GOÄ-Reform in neuem “Korridor der Befassung”
Auch die anderen teilnehmenden Verbände betonten vor der Presse, dass der Krisengipfel nur ein Auftakt für weitere Gespräche sein könne. So betonte Dr. Klaus Reinhardt, Präsident der Bundesärztekammer (BÄK), die Notwendigkeit, in Sachen GOÄ-Reform im Gespräch zu bleiben. Hier habe Lauterbach am Runden Tisch zumindest einen “Korridor der Befassung” in Aussicht gestellt.
Dr. Sybille Steiner als Vertreterin der KBV unterstrich neben Reinhardt, dass man sich eine Entbudgetierung auch für die fachärztliche Versorgung gewünscht hätte.
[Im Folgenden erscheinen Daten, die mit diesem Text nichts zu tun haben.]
-- ===== src/Payos/Link.antt =====
-- `createPaymentLink` of pos-payos.service.ts. It is no transaction: the order is stored before PayOS is
-- asked for the link, so an error leaves tables of its own. What PayOS answers is a parameter.
use Prim.Native.String.{String, ◌++◌ as str_append}
use stock_pilot_be.Prelude.{
  ℕ, suc, ◌+◌, ◌&&◌, not, Bool, true, false, Option, none, some, List, [], ◌∷◌, ◌++◌, map, ◌==◌,
  filter_by, length, contains,
}
use stock_pilot_be.Prelude.Int.{ℤ, pos, ◌+ℤ◌, ◌-ℤ◌, ltb_ℤ}
use stock_pilot_be.Prelude.Rows.{find_first}
use stock_pilot_be.Prelude.Result.{
  Result, ok, err, ◌>>=◌, ◌>>◌, ensure, validation, not_found, unique_violation,
}
use stock_pilot_be.Schema.{
  Database, StockItem, Order, OrderItem, OrderStatus, Payment, PaymentMethod, PaymentProvider,
  PaymentStatus,
}
use stock_pilot_be.Ledger.{StockChangeItem, decimal, normalize_items}
use stock_pilot_be.Ledger.Balances.{quantity_at}
use stock_pilot_be.Orders.Create.{clashes, new_items}
use stock_pilot_be.Orders.Draft.{Decimals, RawLine, subtotal_of}
use stock_pilot_be.Inventory.{target_warehouse}
use stock_pilot_be.Pos.{is_paid_before}
use stock_pilot_be.Pos.Sale.{pos_lines, pos_allocate}
use stock_pilot_be.Payos.{Secrets, require_credentials, has_code, whole_units}
use stock_pilot_be.Payos.Code.{Draw, unique_order_code}

pub record CreatePayosLinkInput : Type 0 where
  pub warehouse_id : Option ℕ
  pub discount_amount : ℤ
  pub tax_amount : ℤ
  pub items : List StockChangeItem

-- `where: { storeId, id: { in: itemIds }, isActive: true }`
abbrev is_on_sale : ℕ → List ℕ → StockItem → Bool
is_on_sale store ids s = s.store_id == store && contains s.id ids && s.is_active

-- The preliminary check of the stock, item by item.
unfoldable pub check_stock : ℕ → List StockChangeItem → Database → Result (Unit {0})
check_stock w [] db = ok tt
check_stock w (x ∷ xs) db = do
  ensure (not (ltb_ℤ (quantity_at w x.stock_item_id db.balances) x.quantity)) validation
  check_stock w xs db

-- What is known before the order is stored.
pub record LinkDraft : Type 0 where
  pub lines : List RawLine
  pub subtotal : ℤ
  pub discount : ℤ
  pub tax : ℤ
  pub total : ℤ

unfoldable pub draft_link :
    Secrets → Decimals → ℕ → CreatePayosLinkInput → Database → Result LinkDraft
unfolding check_stock
draft_link s d store input db = do
  creds ← require_credentials s store db
  w ← target_warehouse store input.warehouse_id db
  let aggregated = normalize_items input.items
  ensure (not (length aggregated == 0)) validation
  let ids = map (λ i. i.stock_item_id) aggregated
  let stock_items = filter_by (is_on_sale store ids) db.stock_items
  ensure (length stock_items == length ids) not_found
  check_stock w.id aggregated db
  lines ← pos_lines d [] stock_items aggregated
  let subtotal = subtotal_of lines
  let discount = d.round input.discount_amount
  ensure (not (ltb_ℤ discount (pos 0))) validation
  ensure (not (ltb_ℤ subtotal discount)) validation
  let tax = d.round input.tax_amount
  ensure (not (ltb_ℤ tax (pos 0))) validation
  let total = d.round (subtotal -ℤ discount +ℤ tax)
  ensure (ltb_ℤ (pos 0) (whole_units total)) validation
  ok (record { lines = lines; subtotal = subtotal; discount = discount; tax = tax; total = total })

-- A payment has the code.
abbrev pub is_code_taken : Database → ℕ → Bool
is_code_taken db code = elim (find_first (has_code code) db.payments) [
  | none ↦ false
  | some _ ↦ true
]

module _ (now store user code : ℕ) (draft : LinkDraft) (d : Decimals) (db : Database) where
  abbrev pub pending_order : Order
  pending_order = record {
    id = db.next_id;
    store_id = store;
    order_number = str_append "POS-PAYOS-" (decimal code);
    status = OrderStatus.draft;
    subtotal_amount = draft.subtotal;
    discount_amount = draft.discount;
    tax_amount = draft.tax;
    total_amount = draft.total;
    created_by_id = user;
    created_at = now;
    confirmed_at = none;
    fulfilled_at = none;
    canceled_at = none;
    client_request_key = none;
  }

  abbrev pub pending_items : List OrderItem
  pending_items =
      new_items (suc db.next_id) store db.next_id draft.lines
        (pos_allocate d draft.subtotal draft.discount draft.tax draft.total (pos 0) draft.lines)

  abbrev pub pending_payment : Payment
  pending_payment = record {
    id = suc db.next_id + length pending_items;
    store_id = store;
    order_id = db.next_id;
    provider = PaymentProvider.payos_link;
    method = PaymentMethod.payos;
    amount = draft.total;
    status = PaymentStatus.pending;
    provider_reference = some (decimal code);
    client_request_key = none;
  }

  -- `order.create` with its lines and its payment, one statement to the database.
  unfoldable pub store_link : Result ((Order × List OrderItem) × Database)
  store_link = elim (find_first (clashes store pending_order.order_number none) db.orders) [
    | some _ ↦ err unique_violation
    | none ↦ elim (find_first (is_paid_before pending_payment) db.payments) [
      | some _ ↦ err unique_violation
      | none ↦ ok (
        (pending_order, pending_items),
        record db {
          next_id = suc (suc db.next_id + length pending_items);
          orders = pending_order ∷ db.orders;
          order_items = pending_items ++ db.order_items;
          payments = pending_payment ∷ db.payments;
        },
      )
    ]
  ]

-- What the call of PayOS comes to: a network error or a timeout leaves it open whether the link is
-- there, which `get` then tells or not; any other error is a refusal.
pub data PayosReply : Type 0 where
  created refused : PayosReply
  interrupted : (reconciled : Bool) → PayosReply

pub record PaymentLink : Type 0 where
  pub order_id : ℕ
  pub order_number : String
  pub order_code : ℕ
  pub amount : ℤ

-- The three deletions of a refused link, by the order's id.
unfoldable pub remove_order : ℕ → Database → Database
remove_order id db = record db {
  payments = filter_by (λ p. not (p.order_id == id)) db.payments;
  order_items = filter_by (λ i. not (i.order_id == id)) db.order_items;
  orders = filter_by (λ o. not (o.id == id)) db.orders;
}

-- What the reply makes of the stored order.
unfoldable pub finish_link : PaymentLink → PayosReply → Database → Result PaymentLink × Database
unfolding remove_order
finish_link link created db = (ok link, db)
finish_link link (interrupted true) db = (ok link, db)
finish_link link (interrupted false) db = (err validation, db)
finish_link link refused db = (err validation, remove_order link.order_id db)

-- The reply is PayOS's to the order code and the amount in whole units.
unfoldable pub create_payment_link :
    Secrets
    → Decimals
    → (ℕ → ℤ → PayosReply)
    → (ℕ → Draw)
    → ℕ
    → ℕ
    → ℕ
    → CreatePayosLinkInput
    → Database
    → Result PaymentLink × Database
unfolding draft_link store_link finish_link
create_payment_link s d payos draws now store user input db = elim (draft_link s d store input db) [
  | err e ↦ (err e, db)
  | ok draft ↦
      let code = unique_order_code store draws (is_code_taken db) in
      elim (store_link now store user code draft d db) [
        | err e ↦ (err e, db)
        | ok ((order, items), db') ↦
            finish_link
              (record {
                order_id = order.id;
                order_number = order.order_number;
                order_code = code;
                amount = whole_units draft.total;
              })
              (payos code (whole_units draft.total)) db'
      ]
]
Gemeinsam mit KBV-Chef Dr. Andreas Gassen kritisierte sie am Dienstagabend, dass viele der vorgeschlagenen Maßnahmen “zu unverbindlich und offen” geblieben seien. So sei beispielsweise unklar geblieben, “wie der Wechsel zu leistungsfähigen Praxisverwaltungssystemen erleichtert und finanzierbar werden soll”. Es gelte nun, die vorgeschlagenen Schritte rasch auf ihre Praktikabilität zu prüfen, unterstrich die KBV.